Table of Contents

Introduction

The Merge Instructions Framework facilitates the combination of data from multiple pandas DataFrames through a variety of merge operations. It employs an object-oriented approach to merge operations, enabling clear, configurable, and reusable merge strategy definitions that can adapt to complex data relationships.

At its core, the framework provides a base for defining and executing merge operations utilizing pandas' merging capabilities, with the added benefit of serialization to and from JSON for dynamic configuration and sharing.

Core Components

MergeOperation

  • Purpose: Serves as the base class for all merge operations, encapsulating the common logic for executing a merge between two `DataFrame` objects or nested `MergeOperation` instances.
  • Key Methods:
    • `merge(source2df)`: Executes the configured merge operation, utilizing `source2df`, a dictionary mapping source identifiers to `DataFrame` objects.

Subclasses for Merge Strategies

InnerMerge

  • Description: Executes an inner join between two data sources, returning rows with matching keys in both.

OuterMerge

  • Description: Performs a full outer join, returning all rows from both data sources, with non-matching rows filled with `NaN`.

LeftMerge

  • Description: Executes a left outer join, returning all rows from the left data source, and matched rows from the right, with `NaN` for non-matching rows.

RightMerge

  • Description: Conducts a right outer join, returning all rows from the right data source, matched rows from the left, and `NaN` for non-matching rows.

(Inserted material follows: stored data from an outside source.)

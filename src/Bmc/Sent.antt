-- ===== src/Bmc/Sent.antt =====
-- What `Execute` lets through to a BMC, and what it leaves in the audit.
use metalwatch.Base.{
  ◌≡◌, refl, sym, subst, String, Bool, true, false, ◌&&◌, not, Option, none, some, All, List, [],
  ◌∷◌, str_eq, eq_iff, if◌then◌else◌, Bool-cases, inl, inr, arith,
}
use metalwatch.Base.Int.{ℤ, pos, ◌≤ℤ◌}
use metalwatch.Bmc.{BmcCommandInput, ProtoCommand, is_power_action}
use metalwatch.Bmc.Client.{
  Executor, Applied, auto_call, manual_call, speed_call, power_call, identify_call, says_on,
  clamp_percent, ended_with, action_or_status, unknown_command, set_speed, fan_part, power_part,
  identify_part, apply_as, apply_command,
}
use metalwatch.Bmc.Execute.{AuditRow, Scene, Executed, run_command, execute}
use metalwatch.Bmc.Checked.{IsChecked, hands_back, sets_speed, switches, identifies}
use metalwatch.Bmc.Refusals.{Course, invalid, unable, left_pending, ran, execute-Course}

-- The calls of ipmitool that the service may make.
pub data IsPermitted (call : List String) : Type 0 where
  auto : call ≡ auto_call → IsPermitted call
  manual : call ≡ manual_call → IsPermitted call
  speed : (p : ℤ) → pos 1 ≤ℤ p → p ≤ℤ pos 100 → call ≡ speed_call p → IsPermitted call
  power : (act : String) → is_power_action act ≡ true → call ≡ power_call act → IsPermitted call
  identify : (d : ℤ) → pos 0 ≤ℤ d → d ≤ℤ pos 3600 → call ≡ identify_call d → IsPermitted call

ended_with-calls :
    (o : Option String) (calls : List (List String)) (output : String) (observed : ℤ)
    → (ended_with o calls output observed).calls ≡ calls
ended_with-calls none calls output observed = refl
ended_with-calls (some e) calls output observed = refl

ended_with-failed :
    (o : Option String) (calls : List (List String)) (output : String) (observed : ℤ)
    → (ended_with o calls output observed).failed
      ≡ not (ended_with o calls output observed).result.ok
ended_with-failed none calls output observed = refl
ended_with-failed (some e) calls output observed = refl

clamp_lem : (p : ℤ) → pos 1 ≤ℤ p → p ≤ℤ pos 100 → clamp_percent p ≡ p
unfolding clamp_percent
clamp_lem p l h = ground arith

named_action : (a : String) → is_power_action a ≡ true → action_or_status a ≡ a
named_action a h = elim (Bool-cases (str_eq a "")) [
  | inl e ↦
      absurd
        (ground (arith, subst (λ (x : String). is_power_action x ≡ true) ((eq_iff a "").0 e) h))
  | inr e ↦ rw e refl
]

-- That the error and the result agree.
abbrev pub Agreeing : Applied → Type 0
Agreeing a = a.failed ≡ not a.result.ok

if-Agreeing : (b : Bool) (x y : Applied) → Agreeing x → Agreeing y → Agreeing (if b then x else y)
if-Agreeing true x y h k = h
if-Agreeing false x y h k = k

module _ (exec : Executor) where
  set_speed-IsPermitted :
      (p : ℤ) (o : Option String)
      → pos 1 ≤ℤ p
      → p ≤ℤ pos 100
      → All IsPermitted (set_speed exec p o).calls
  set_speed-IsPermitted p (some e) l h = (manual refl, tt)
  set_speed-IsPermitted p none l h =
      rw
        (ended_with-calls (exec (speed_call p)).failed (manual_call ∷ speed_call p ∷ [])
          (exec (speed_call p)).output p)
        (manual refl, (speed p l h refl, tt))

  set_speed-failed :
      (p : ℤ) (o : Option String) → (set_speed exec p o).failed ≡ not (set_speed exec p o).result.ok
  set_speed-failed p (some e) = refl
  set_speed-failed p none =
      ended_with-failed (exec (speed_call p)).failed (manual_call ∷ speed_call p ∷ [])
        (exec (speed_call p)).output p

  calls_as :
      (c : ProtoCommand) (t : String)
      → c.cmd_type ≡ t
      → All IsPermitted (apply_as exec t c).calls
      → All IsPermitted (apply_command exec c).calls
  unfolding apply_command
  calls_as c t e h = subst (λ (u : String). All IsPermitted (apply_as exec u c).calls) (sym e) h

  fan_part-IsPermitted :
      (b : Bool) (p : ℤ)
      → (b ≡ false → pos 1 ≤ℤ p × p ≤ℤ pos 100)
      → All IsPermitted (fan_part exec b p).calls
  fan_part-IsPermitted true p h =
      rw (ended_with-calls (exec auto_call).failed (auto_call ∷ []) (exec auto_call).output p)
        (auto refl, tt)
  fan_part-IsPermitted false p h =
      set_speed-IsPermitted p (exec manual_call).failed (h refl).0 (h refl).1

  power_part-IsPermitted :
      (act : String) → is_power_action act ≡ true → All IsPermitted (power_part exec act).calls
  power_part-IsPermitted act a =
      let ran = exec (power_call act) in
      rw
        (ended_with-calls ran.failed (power_call act ∷ []) ran.output
          (if str_eq act "status" && says_on ran.output then pos 1 else pos 0))
        (power act a refl, tt)

  apply_command-IsPermitted :
      (c : ProtoCommand) → IsChecked c → All IsPermitted (apply_command exec c).calls
  unfolding apply_as
  apply_command-IsPermitted c (hands_back t m) = calls_as c "fan_speed" t (
      fan_part-IsPermitted c.auto_mode (clamp_percent c.speed_percent)
        (λ f. absurd (ground (arith, m, f))))
  apply_command-IsPermitted c (sets_speed t m l h) =
      let same = clamp_lem c.speed_percent l h in
      calls_as c "fan_speed" t (
        fan_part-IsPermitted c.auto_mode (clamp_percent c.speed_percent) (λ f. (
          subst (λ (p : ℤ). pos 1 ≤ℤ p) (sym same) l,
          subst (λ (p : ℤ). p ≤ℤ pos 100) (sym same) h,
        )))
  apply_command-IsPermitted c (switches t a) = calls_as c "power" t (
      power_part-IsPermitted (action_or_status c.power_action)
        (subst (λ (x : String). is_power_action x ≡ true) (sym (named_action c.power_action a)) a))
  apply_command-IsPermitted c (identifies t l h) =
      let ran = exec (identify_call c.duration_sec) in
      calls_as c "identify" t (
        rw (ended_with-calls ran.failed (identify_call c.duration_sec ∷ []) ran.output (pos 0))
          (identify c.duration_sec l h refl, tt))

  fan_part-Agreeing : (b : Bool) (p : ℤ) → Agreeing (fan_part exec b p)
  fan_part-Agreeing true p =
      ended_with-failed (exec auto_call).failed (auto_call ∷ []) (exec auto_call).output p
  fan_part-Agreeing false p = set_speed-failed p (exec manual_call).failed

  power_part-Agreeing : (act : String) → Agreeing (power_part exec act)
  power_part-Agreeing act =
      let ran = exec (power_call act) in
      ended_with-failed ran.failed (power_call act ∷ []) ran.output
        (if str_eq act "status" && says_on ran.output then pos 1 else pos 0)

  identify_part-Agreeing : (d : ℤ) → Agreeing (identify_part exec d)
  identify_part-Agreeing d =
      let ran = exec (identify_call d) in
      ended_with-failed ran.failed (identify_call d ∷ []) ran.output (pos 0)

  -- A command fails exactly where its result is not ok.
  pub apply_as-Agreeing : (t : String) (c : ProtoCommand) → Agreeing (apply_as exec t c)
  unfolding apply_as
  apply_as-Agreeing t c =
      let p = power_part exec (action_or_status c.power_action) in
      let i = identify_part exec c.duration_sec in
      let rest = if str_eq t "identify" then i else unknown_command t in
      let f = fan_part exec c.auto_mode (clamp_percent c.speed_percent) in
      if-Agreeing (str_eq t "fan_speed") f (if str_eq t "power" then p else rest)
        (fan_part-Agreeing c.auto_mode (clamp_percent c.speed_percent))
        (if-Agreeing (str_eq t "power") p rest
          (power_part-Agreeing (action_or_status c.power_action))
          (if-Agreeing (str_eq t "identify") i (unknown_command t)
            (identify_part-Agreeing c.duration_sec) refl))

module _ (sc : Scene) (host_id : ℤ) (operator : String) (i : BmcCommandInput)
    (audit : List AuditRow) where
  Course-IsPermitted :
      (x : Executed) → Course sc host_id operator i audit x → All IsPermitted x.calls
  unfolding run_command
  Course-IsPermitted x (invalid v p) = subst (λ (y : Executed). All IsPermitted y.calls) (sym p) tt
  Course-IsPermitted x (unable e v n p) =
      subst (λ (y : Executed). All IsPermitted y.calls) (sym p) tt
  Course-IsPermitted x (left_pending cmd v n k p) =
      subst (λ (y : Executed). All IsPermitted y.calls) (sym p) tt
  Course-IsPermitted x (ran cmd v n c p) =
      subst (λ (y : Executed). All IsPermitted y.calls) (sym p)
        (apply_command-IsPermitted sc.exec cmd c)

  -- Whatever is requested, and whatever the store, the password and the BMC do, each call of
  -- ipmitool that Execute makes hands the fans back, takes them over, sets a speed of 1 to 100
  -- percent, does one of the five power actions, or lights the host for 0 to 3600 seconds.
  pub execute-IsPermitted : All IsPermitted (execute sc host_id operator i audit).calls
  execute-IsPermitted =
      Course-IsPermitted (execute sc host_id operator i audit)
        (execute-Course sc host_id operator i audit)
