-- ===== src/Bmc/Audit.antt =====
-- What `Execute` leaves in the audit.
use metalwatch.Base.{
  ◌≡◌, ◌≢◌, refl, sym, ap, ◌∙◌, subst, String, Bool, true, false, Option, some, All, List, [], ◌∷◌,
  ◌++◌, str_eq, eq_refl, if◌then◌else◌, Bool-cases, inl, inr, arith,
}
use metalwatch.Base.Int.{ℤ}
use metalwatch.Base.Clock.{Time}
use metalwatch.Bmc.{
  ServiceReturn, returned, refused, panicked, BmcCommandInput, ProtoCommand, params_of,
}
use metalwatch.Bmc.Client.{Applied, apply_as, apply_command}
use metalwatch.Bmc.Execute.{
  AuditRow, Scene, CommandResult, Executed, create, finish, with_outcome, row_of, status_of,
  observed_of, truncate_one_line, run_command, execute,
}
use metalwatch.Bmc.Refusals.{Course, invalid, unable, left_pending, ran, execute-Course}
use metalwatch.Bmc.Sent.{Agreeing, apply_as-Agreeing}

-- The audit has no row of this command ID.
abbrev pub NoRow : String → List AuditRow → Type 0
NoRow id rows = All (λ (r : AuditRow). str_eq r.command_id id ≡ false) rows

finish-append :
    (id status message : String) (observed : Option ℤ) (at : Time) (row : AuditRow)
    (rows : List AuditRow)
    → NoRow id rows
    → str_eq row.command_id id ≡ true
    → finish id status message observed at (rows ++ (row ∷ []))
      ≡ rows ++ (with_outcome status message observed at row ∷ [])
unfolding finish
finish-append id status message observed at row [] h e = rw e refl
finish-append id status message observed at row (r ∷ rows) (n, h) e =
    rw n (ap (◌∷◌ r) (finish-append id status message observed at row rows h e))

got_ok : ServiceReturn CommandResult → Bool
got_ok (returned r) = r.ok
got_ok (refused e) = false
got_ok panicked = false

got_id : ServiceReturn CommandResult → String
got_id (returned r) = r.request_id
got_id (refused e) = ""
got_id panicked = ""

status_lem :
    (a : Applied) (ok : Bool)
    → Agreeing a
    → a.result.ok ≡ ok
    → status_of a ≡ (if ok then "success" else "failed")
status_lem a ok g e = ground (arith, g, e)

module _ (sc : Scene) (host_id : ℤ) (operator : String) (i : BmcCommandInput)
    (audit : List AuditRow) where
  -- The one row that a call adds.
  pub record Logged (x : Executed) (r : CommandResult) : Type 0 where
    pub row : AuditRow
    pub added : x.audit ≡ audit ++ (row ∷ [])
    pub by : row.operator ≡ operator
    pub for : row.host_id ≡ host_id
    pub asked : row.params ≡ params_of i
    pub status :
        row.status ≡ (if sc.finish_ok then (if r.ok then "success" else "failed") else "pending")
    pub traced : r.request_id ≡ row.command_id

  run_command-Logged :
      (cmd : ProtoCommand) (r : CommandResult)
      → NoRow cmd.command_id audit
      → (run_command sc host_id operator i cmd
          (create (row_of sc host_id operator i cmd.command_id) audit)).outcome
        ≡ returned r
      → Logged
          (run_command sc host_id operator i cmd
            (create (row_of sc host_id operator i cmd.command_id) audit))
          r
  unfolding run_command apply_command got_ok got_id
  run_command-Logged cmd r fresh o =
      let row0 = record (row_of sc host_id operator i cmd.command_id) { status = "pending" } in
      let a = apply_as sc.exec cmd.cmd_type cmd in
      let message = truncate_one_line a.result.message 512 in
      let row1 = with_outcome (status_of a) message (observed_of a) sc.ended_at row0 in
      let ok : a.result.ok ≡ r.ok = ap got_ok o in
      let id : cmd.command_id ≡ r.request_id = ap got_id o in
      elim (Bool-cases sc.finish_ok) [
        | inl f ↦ record {
          row = row1;
          added =
              ap
                (λ (b : Bool).
                  if b
                  then finish cmd.command_id (status_of a) message (observed_of a) sc.ended_at
                      (audit ++ (row0 ∷ []))
                  else audit ++ (row0 ∷ []))
                f
              ∙ finish-append cmd.command_id (status_of a) message (observed_of a) sc.ended_at row0
                  audit fresh (eq_refl cmd.command_id);
          by = refl;
          for = refl;
          asked = refl;
          status =
              status_lem a r.ok (apply_as-Agreeing sc.exec cmd.cmd_type cmd) ok
              ∙ sym (
                  ap (λ (b : Bool). if b then (if r.ok then "success" else "failed") else "pending")
                    f);
          traced = sym id;
        }
        | inr f ↦ record {
          row = row0;
          added =
              ap
                (λ (b : Bool).
                  if b
                  then finish cmd.command_id (status_of a) message (observed_of a) sc.ended_at
                      (audit ++ (row0 ∷ []))
                  else audit ++ (row0 ∷ []))
                f;
          by = refl;
          for = refl;
          asked = refl;
          status = sym (
              ap (λ (b : Bool). if b then (if r.ok then "success" else "failed") else "pending") f);
          traced = sym id;
        }
      ]

  Course-Logged :
      (x : Executed) (r : CommandResult)
      → Course sc host_id operator i audit x
      → ((id : String) → sc.new_id ≡ some id → NoRow id audit)
      → x.outcome ≡ returned r
      → Logged x r
  Course-Logged x r (invalid v p) fresh h =
      absurd (ground (arith, h, ap (λ (y : Executed). y.outcome) p))
  Course-Logged x r (unable e v n p) fresh h =
      absurd (ground (arith, h, ap (λ (y : Executed). y.outcome) p))
  Course-Logged x r (left_pending cmd v n k p) fresh h =
      absurd (ground (arith, h, ap (λ (y : Executed). y.outcome) p))
  Course-Logged x r (ran cmd v n c p) fresh h =
      subst (λ (y : Executed). Logged y r) (sym p)
        (run_command-Logged cmd r (fresh cmd.command_id n)
          (sym (ap (λ (y : Executed). y.outcome) p) ∙ h))

  -- Where the random command ID is not in the audit yet, a call of Execute that returns a result,
  -- good or bad, has added one row to the audit: of this operator, host and request, and with the
  -- ID of the result. It says success where the result is ok and failed where it is not; if it
  -- could not be written again, it is still pending.
  pub execute-Logged :
      (r : CommandResult)
      → ((id : String) → sc.new_id ≡ some id → NoRow id audit)
      → (execute sc host_id operator i audit).outcome ≡ returned r
      → Logged (execute sc host_id operator i audit) r
  execute-Logged r fresh h =
      Course-Logged (execute sc host_id operator i audit) r
        (execute-Course sc host_id operator i audit) fresh h

  Course-panicked : (x : Executed) → Course sc host_id operator i audit x → x.outcome ≢ panicked
  unfolding run_command
  Course-panicked x (invalid v p) h = ground (arith, h, ap (λ (y : Executed). y.outcome) p)
  Course-panicked x (unable e v n p) h = ground (arith, h, ap (λ (y : Executed). y.outcome) p)
  Course-panicked x (left_pending cmd v n k p) h =
      ground (arith, h, ap (λ (y : Executed). y.outcome) p)
  Course-panicked x (ran cmd v n c p) h = ground (arith, h, ap (λ (y : Executed). y.outcome) p)

  -- `Execute` does not panic: a speed that `buildProtoCommand` reads is there.
  pub execute_returns : (execute sc host_id operator i audit).outcome ≢ panicked
  execute_returns =
      Course-panicked (execute sc host_id operator i audit)
        (execute-Course sc host_id operator i audit)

Serialization and Deserialization

  • Purpose: Enables the conversion of merge operations to a dictionary format for JSON serialization (`todict()`) and the construction of merge operations from such dictionaries (`fromdict(data)`).

Usage Examples

Creating a Merge Operation

To combine two data frames with an inner merge based on shared keys:

merge_operation = InnerMerge(
    left="data_source_1",
    right="data_source_2",
    left_on="key_column_1",
    right_on="key_column_2",
)
result_df = merge_operation.merge({"data_source_1": df1, "data_source_2": df2})

Serialization to JSON

To serialize a merge operation for configuration or sharing:

merge_config = merge_operation.to_dict()

Deserialization from JSON

To restore a merge operation from a serialized configuration:

restored_merge_operation = MergeOperation.from_dict(merge_config)
merged_df = restored_merge_operation.merge(source2df)

Conclusion

The Merge Instructions Framework provides a robust for managing and executing data frame merge operations in a structured and object-oriented manner. Its design prioritizes clarity, configurability, and reusability, making it an convenient asset in the context of large data pipelines depending on merge operations.